This post presents one of our recent pieces of consultancy work as a case study. This case is interesting because it concerns a significant commercial code base ported from OCaml to F#, the introduction of parallelism to the code base and the performance of F# compared to OCaml in the context of a compiler (where OCaml is regarded as being very fast).
We recently ported a compiler written in OCaml to the F# programming language for a client and performance turned out to be an issue. The precise details cannot be disclosed under our contract.
The original compiler was 15,000 lines of OCaml code. The compiler was regularly applied to large code bases and the C code that it produces can be considerable so compilation can take minutes. Consequently, the compiler's performance is valued by our client's customers and, therefore, the original code had been optimized for OCaml's performance characteristics.

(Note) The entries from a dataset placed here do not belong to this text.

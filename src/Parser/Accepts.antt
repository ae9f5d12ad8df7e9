-- ===== src/Parser/Accepts.antt =====
-- What `parse` accepts, and what its errors are.
use mcp_proxy.Prelude.{String, arith, eq_iff, refl, true, ◌↔◌, ◌≡◌, ◌≢◌, ◌≤◌}
use mcp_proxy.Parser.Reserved.{matches_method-not_reserved}
use mcp_proxy.Parser.{
  Codec, byte_length, matches_method, max_method_length, ok, parse, validate_request,
}
use mcp_proxy.Protocol.{Request}

-- A request that passed: version 2.0 and a method of at most 256 bytes that matches the pattern.
pub record IsAccepted (req : Request) : Type 0 where
  pub version : req.jsonrpc ≡ "2.0"
  pub named : req.method ≢ ""
  pub short : byte_length req.method ≤ max_method_length
  pub pattern_ok : matches_method req.method ≡ true

pub validate_request-IsAccepted :
    (req out : Request) → validate_request req ≡ ok out → IsAccepted out × (out ≡ req)
unfolding validate_request
validate_request-IsAccepted req out h =
    ground (arith, eq_iff req.jsonrpc "2.0", eq_iff req.method "")

-- The result of parsing a message does not depend on the object that the pool hands out.
pub parse_pooled :
    (codec : Codec) (pooled other : Request) (message : String)
    → parse codec pooled message ≡ parse codec other message
unfolding parse
parse_pooled codec pooled other message = refl

accepted_lem : (req : Request) → IsAccepted req → validate_request req ≡ ok req
unfolding validate_request
accepted_lem req a =
    let reserved = matches_method-not_reserved req.method a.pattern_ok in
    let version = a.version in
    let named = a.named in
    let short = a.short in
    let pattern_ok = a.pattern_ok in ground (arith, eq_iff req.jsonrpc "2.0", eq_iff req.method "")

-- A request is valid exactly if its version is 2.0 and its method has at least one and at most 256 bytes and matches the pattern; the request is then returned as it is.
pub validate_request_iff : (req : Request) → (validate_request req ≡ ok req) ↔ IsAccepted req
validate_request_iff req = (λ h. (validate_request-IsAccepted req req h).0, accepted_lem req)
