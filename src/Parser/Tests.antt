-- ===== src/Parser/Tests.antt =====
-- The parser's theorems at requests.
use mcp_proxy.Prelude.{refl, true, none, some, ◌≡◌, ◌↔◌}
use mcp_proxy.Protocol.{Request}
use mcp_proxy.Json.{number}
use mcp_proxy.Parser.{Codec, done, failed, ok, validate_request, matches_method}
use mcp_proxy.Parser.Accepts.{IsAccepted, validate_request_iff}

abbrev ping : Request
ping = record { jsonrpc = "2.0"; id = some (number "1"); method = "ping"; params = none }

-- What an earlier user of the pool may have left behind.
abbrev used : Request
used = record { jsonrpc = "2.0"; id = some (number "9"); method = "tools/call"; params = some "{}" }

abbrev clean : Request
clean = record { jsonrpc = ""; id = none; method = ""; params = none }

-- A codec that sets the version and the method, and leaves the other members as they are.
abbrev codec : Codec
codec = record {
  unmarshal_request = λ message pooled. done (record pooled { jsonrpc = "2.0"; method = message });
  unmarshal_tool_call = λ _. failed "no params";
  unmarshal_resource_read = λ _. failed "no params";
  unmarshal_object = λ _. failed "no object";
  unmarshal_meta = λ _. failed "no object";
  marshal = λ _. done "answer";
}

validate_request_iff_example : (validate_request ping ≡ ok ping) ↔ IsAccepted ping
validate_request_iff_example = validate_request_iff ping

ping_matches : matches_method "ping" ≡ true
unfolding matches_method
ping_matches = refl
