-- ===== src/Daemon/Reboots.antt =====
-- A reboot across the restart of the device: what the daemon stores, and what the next one reports.
use cpe_acs_connector_tr.Base.{
  Bool, true, false, not, List, none, some, ◌≡◌, refl, sym, ap, ◌∙◌, arith, if◌then◌else◌, Bytes,
  codes, equal, is_empty, no_nul,
}
use cpe_acs_connector_tr.Platform.{Platform}
use cpe_acs_connector_tr.Config.{DaemonConfig, read_config}
use cpe_acs_connector_tr.Session.{SessionOutcome}
use cpe_acs_connector_tr.Reboot
use cpe_acs_connector_tr.Uci
use cpe_acs_connector_tr.Uci.{valid_key, bool_of, captured, get_bool, trim_newlines}
use cpe_acs_connector_tr.Uci.Store.{UciStore, get_stored, set-current, commit-saved}
use cpe_acs_connector_tr.Daemon.{
  Daemon, contains, event_reboot, initial_events, refresh_config, updated_config,
  restart_connection_server,
}
use cpe_acs_connector_tr.Daemon.Kept.{device_of, reboot_or_end-device}
use cpe_acs_connector_tr.Daemon.Loop.{
  Inputs, reboot_or_end, start, handle_reboot, note_reboot_event, persist,
}

abbrev reboot_key : Bytes
reboot_key = codes "tr69.settings.pending_reboot_event"

-- The device restarts on what is stored for good, and the command that reboots it stores nothing.
pub record Restarts (S : Type 0) (p : Platform S) (store : UciStore S p.shell) : Type 0 where
  pub restarted : S → S
  pub restarts : (s : S) (k : Bytes) → store.current (restarted s) k ≡ store.saved s k
  pub reboots :
      (mock : Bool) (s : S) (k : Bytes)
      → store.saved (Reboot.execute p.shell mock s).1 k ≡ store.saved s k

initial_events-event_reboot :
    (c : DaemonConfig) → contains (initial_events c) event_reboot ≡ c.pending_reboot_event
unfolding initial_events contains codes equal
initial_events-event_reboot c = ground arith

same_start {ℓ} :
    {A : Type ℓ} (b : Bool) (x y : A) → (if not b then none else some x) ≡ some y → x ≡ y
same_start true x y h = cc
same_start false x y h = cc

module _ {S : Type 0} (p : Platform S) where
  refresh_config-reboot :
      (d : Daemon S)
      → p.ready ≡ true
      → (refresh_config p true d).1.config.pending_reboot_event
        ≡ get_bool p.shell d.device reboot_key false
  unfolding refresh_config updated_config read_config
  refresh_config-reboot d ready = rw ready refl

  -- The events of the first Inform tell of a reboot just where the flag is stored.
  start-event_reboot :
      (d d' : Daemon S) (events : List Bytes)
      → p.ready ≡ true
      → start p d ≡ some (events, d')
      → contains events event_reboot ≡ get_bool p.shell d.device reboot_key false
  unfolding start restart_connection_server
  start-event_reboot d d' events ready started =
      let refreshed = refresh_config p true d in
      let same = same_start refreshed.0 _ _ started in
      ap (λ r. contains r.0 event_reboot) (sym same)
      ∙ initial_events-event_reboot refreshed.1.config
      ∙ refresh_config-reboot d ready

  module _ (store : UciStore S p.shell) where
    open store use {current, saved}

    -- `persist` stores the value for good, where both of its commands succeed.
    persist-saved :
        (d : Daemon S) (value : Bytes) (s1 s2 : S)
        → is_empty value ≡ false
        → no_nul value ≡ true
        → Uci.set p.shell false d.device reboot_key value ≡ (true, s1)
        → Uci.commit p.shell false s1 (codes "tr69") ≡ (true, s2)
        → saved s2 reboot_key ≡ some value
    unfolding valid_key codes equal
    persist-saved d value s1 s2 full whole set commit =
        (commit-saved p.shell store s1 s2 (codes "tr69") refl commit reboot_key).1
        ∙ (set-current p.shell store d.device s1 reboot_key value refl full whole set reboot_key
            refl).0

    persist-device :
        (d : Daemon S) (value : Bytes) (s1 s2 : S)
        → Uci.set p.shell false d.device reboot_key value ≡ (true, s1)
        → Uci.commit p.shell false s1 (codes "tr69") ≡ (true, s2)
        → (persist p reboot_key value d).device ≡ s2
    unfolding persist
    persist-device d value s1 s2 set commit = rw set (ap (λ r. r.1) commit)

    -- What the flag says where it is stored.
    stored_flag :
        (s : S) (value : Bytes)
        → current s reboot_key ≡ some value
        → get_bool p.shell s reboot_key false ≡ bool_of (some (trim_newlines value)) false
    unfolding get_bool valid_key codes
    stored_flag s value here =
        ap (λ o. bool_of o false) (get_stored p.shell store s reboot_key value refl here)

    module _ (restarts : Restarts S p store) where
      open restarts use {restarted}

      -- A reboot that the ACS has asked for is reported. If the two commands that store the flag
      -- succeed and the mock mode is off, then however the round ends or waits behind the reboot,
      -- the first Inform of the daemon that starts on the restarted device reports "M Reboot": the
      -- flag is stored for good before the reboot is asked for, and nothing undoes it.
      pub reboot_reported :
          (inputs : Inputs) (outcome : SessionOutcome) (d booted d' : Daemon S) (s1 s2 : S)
          (events : List Bytes)
          → outcome.reboot_requested ≡ true
          → d.config.mock_mode ≡ false
          → Uci.set p.shell false d.device reboot_key (codes "1") ≡ (true, s1)
          → Uci.commit p.shell false s1 (codes "tr69") ≡ (true, s2)
          → booted.device
            ≡ restarted (device_of (handle_reboot p d).device (reboot_or_end p inputs outcome d))
          → p.ready ≡ true
          → start p booted ≡ some (events, d')
          → contains events event_reboot ≡ true
      unfolding handle_reboot trim_newlines codes equal
      reboot_reported inputs outcome d booted d' s1 s2 events asked real set commit boot ready
            started =
          let flagged = record d { config = record d.config { pending_reboot_event = true } } in
          let persisted = persist-device flagged (codes "1") s1 s2 set commit in
          let mock = (persist p reboot_key (codes "1") flagged).config.mock_mode in
          let rebooted = ap (λ s. (Reboot.execute p.shell mock s).1) persisted in
          let here =
            restarts.restarts (Reboot.execute p.shell mock s2).1 reboot_key
            ∙ restarts.reboots mock s2 reboot_key
            ∙ persist-saved flagged (codes "1") s1 s2 refl refl set commit in
          start-event_reboot booted d' events ready started
          ∙ ap (λ s. get_bool p.shell s reboot_key false)
              (boot ∙ ap restarted (reboot_or_end-device p inputs outcome d asked real ∙ rebooted))
          ∙ stored_flag (restarted (Reboot.execute p.shell mock s2).1) (codes "1") here

      -- A reboot is reported once. Behind a session that has succeeded with "M Reboot" among its
      -- events, if the two commands that clear the flag succeed, the first Inform of a daemon that
      -- starts on the restarted device does not report it again.
      pub reboot_reported_once :
          (outcome : SessionOutcome) (reported : List Bytes) (d booted d' : Daemon S) (s1 s2 : S)
          (events : List Bytes)
          → outcome.success ≡ true
          → d.config.pending_reboot_event ≡ true
          → contains reported event_reboot ≡ true
          → Uci.set p.shell false d.device reboot_key (codes "0") ≡ (true, s1)
          → Uci.commit p.shell false s1 (codes "tr69") ≡ (true, s2)
          → booted.device ≡ restarted (note_reboot_event p outcome reported d).device
          → p.ready ≡ true
          → start p booted ≡ some (events, d')
          → contains events event_reboot ≡ false
      unfolding note_reboot_event trim_newlines codes equal
      reboot_reported_once outcome reported d booted d' s1 s2 events success pending told set commit
            boot ready started =
          let cleared = record d { config = record d.config { pending_reboot_event = false } } in
          let persisted = persist-device cleared (codes "0") s1 s2 set commit in
          let here =
            restarts.restarts s2 reboot_key
            ∙ persist-saved cleared (codes "0") s1 s2 refl refl set commit in
          let on : booted.device ≡ restarted s2 =
            rw (success, pending, told) at boot ∙ ap restarted persisted in
          start-event_reboot booted d' events ready started
          ∙ ap (λ s. get_bool p.shell s reboot_key false) on
          ∙ stored_flag (restarted s2) (codes "0") here
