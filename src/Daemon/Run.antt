-- ===== src/Daemon/Run.antt =====
-- The daemon from its construction to its end (src/Tr069Daemon.cpp, the constructor and `run`).
pub mod Ending
use cpe_acs_connector_tr.Base.{
  ℕ, Bool, true, not, List, [], Option, none, some, if◌then◌else◌, Bytes, codes, is_empty,
}
use cpe_acs_connector_tr.Platform.{Platform}
use cpe_acs_connector_tr.Daemon.{Daemon, refresh_config}
use cpe_acs_connector_tr.Daemon.Loop.{Inputs, Next, finish, round_with, rounds, start}

abbrev pub set_or : Option Bytes → Bytes → Bytes
set_or none fallback = fallback
set_or (some value) fallback = if not (is_empty value) then value else fallback

-- What `run` returns, and the daemon then; or that the inputs are used up.
pub data Exit (S : Type 0) : Type 0 where
  returned : ℕ → Daemon S → Exit S
  going_on : List Bytes → Daemon S → Exit S

-- Behind the loop: `connectionServer_->stop()`.
abbrev pub ended : {S : Type 0} → Option (Next S) → Option (Exit S)
ended none = none
ended (some (finish d)) = some (returned 0 (record d { connection_server = none }))
ended (some (round_with events d)) = some (going_on events d)

module _ {S : Type 0} (p : Platform S) where
  unfoldable pub environment_or : Bytes → Bytes → Bytes
  environment_or name fallback = set_or (p.getenv name) fallback

  -- The script and the map with which the constructor makes the transformer.
  unfoldable pub transformer_paths : Bytes × Bytes
  unfolding environment_or
  transformer_paths = (
    environment_or (codes "TR69_TRANSFORMER_SCRIPT") (codes "/usr/lib/tr69d/transformer.lua"),
    environment_or (codes "TR69_DEVICE_MAP") (codes "/etc/transformer/maps/Device.map"),
  )

  abbrev pub after_start : List Inputs → Daemon S → Option (List Bytes × Daemon S) → Option (Exit S)
  after_start inputs d none = some (returned 1 d)
  after_start inputs d (some (events, d')) = ended (rounds p inputs events d')

  -- `run`; none where the loop waits for what the inputs do not hold.
  unfoldable pub run : List Inputs → Daemon S → Option (Exit S)
  run inputs d = after_start inputs (refresh_config p true d).1 (start p d)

A direct translation of the OCaml code to F# proved to be over 10× slower. This was so slow that it impeded testing of the initial translation so some optimization was done before the first working version. Specifically, profiling indicated that the biggest problem was the high rate of exceptions being raised and caught. Exceptions are around 600× slower on .NET than in OCaml and are often used for ordinary control flow in OCaml so direct translations to F# often suffer from poor performance as a consequence. In this case, the hot paths were changed to use union types (usually option types) instead of exceptions. Although this incurs a lot of unnecessary boxing in F# the performance improvements were substantial and the F# version became 5x slower than the OCaml.
Surprisingly, thorough testing showed that our almost-blind initial translation of 15,000 lines of code was completely error free. I think this is a real testament to the power of ML's static type system. In fact, the only error found to date was introduced during subsequent optimization.
After demonstrating the correctness of the translation, effort turned to trying to improve performance in an attempt to compete with the original OCaml code. We expected this to be extremely difficult because OCaml is very heavily optimized for exactly this kind of workload. However, we were actually able to exceed OCaml's performance. This was accomplished by taking a regimented approach where the program was profiled to identify the main hot spots and actions were taken to improve overall performance but only the most effective optimizations were retained before repeating the process and all results (including failures) were carefully recorded. This allowed us to produce a fast code base that was still as familiar as possible to its developers. In particular, the support for parallel programming in .NET 4 and F# 2.0 proved invaluable and was the final boost we needed to exceed OCaml's performance.
This case study proves that it is possible to migrate significant commercial code bases from OCaml to F# without suffering performance degradation. Beyond metaprogramming, we have found that many practical applications see substantial speed improvements when moved from OCaml to F# often due to better support for multicore but also better support for unboxing.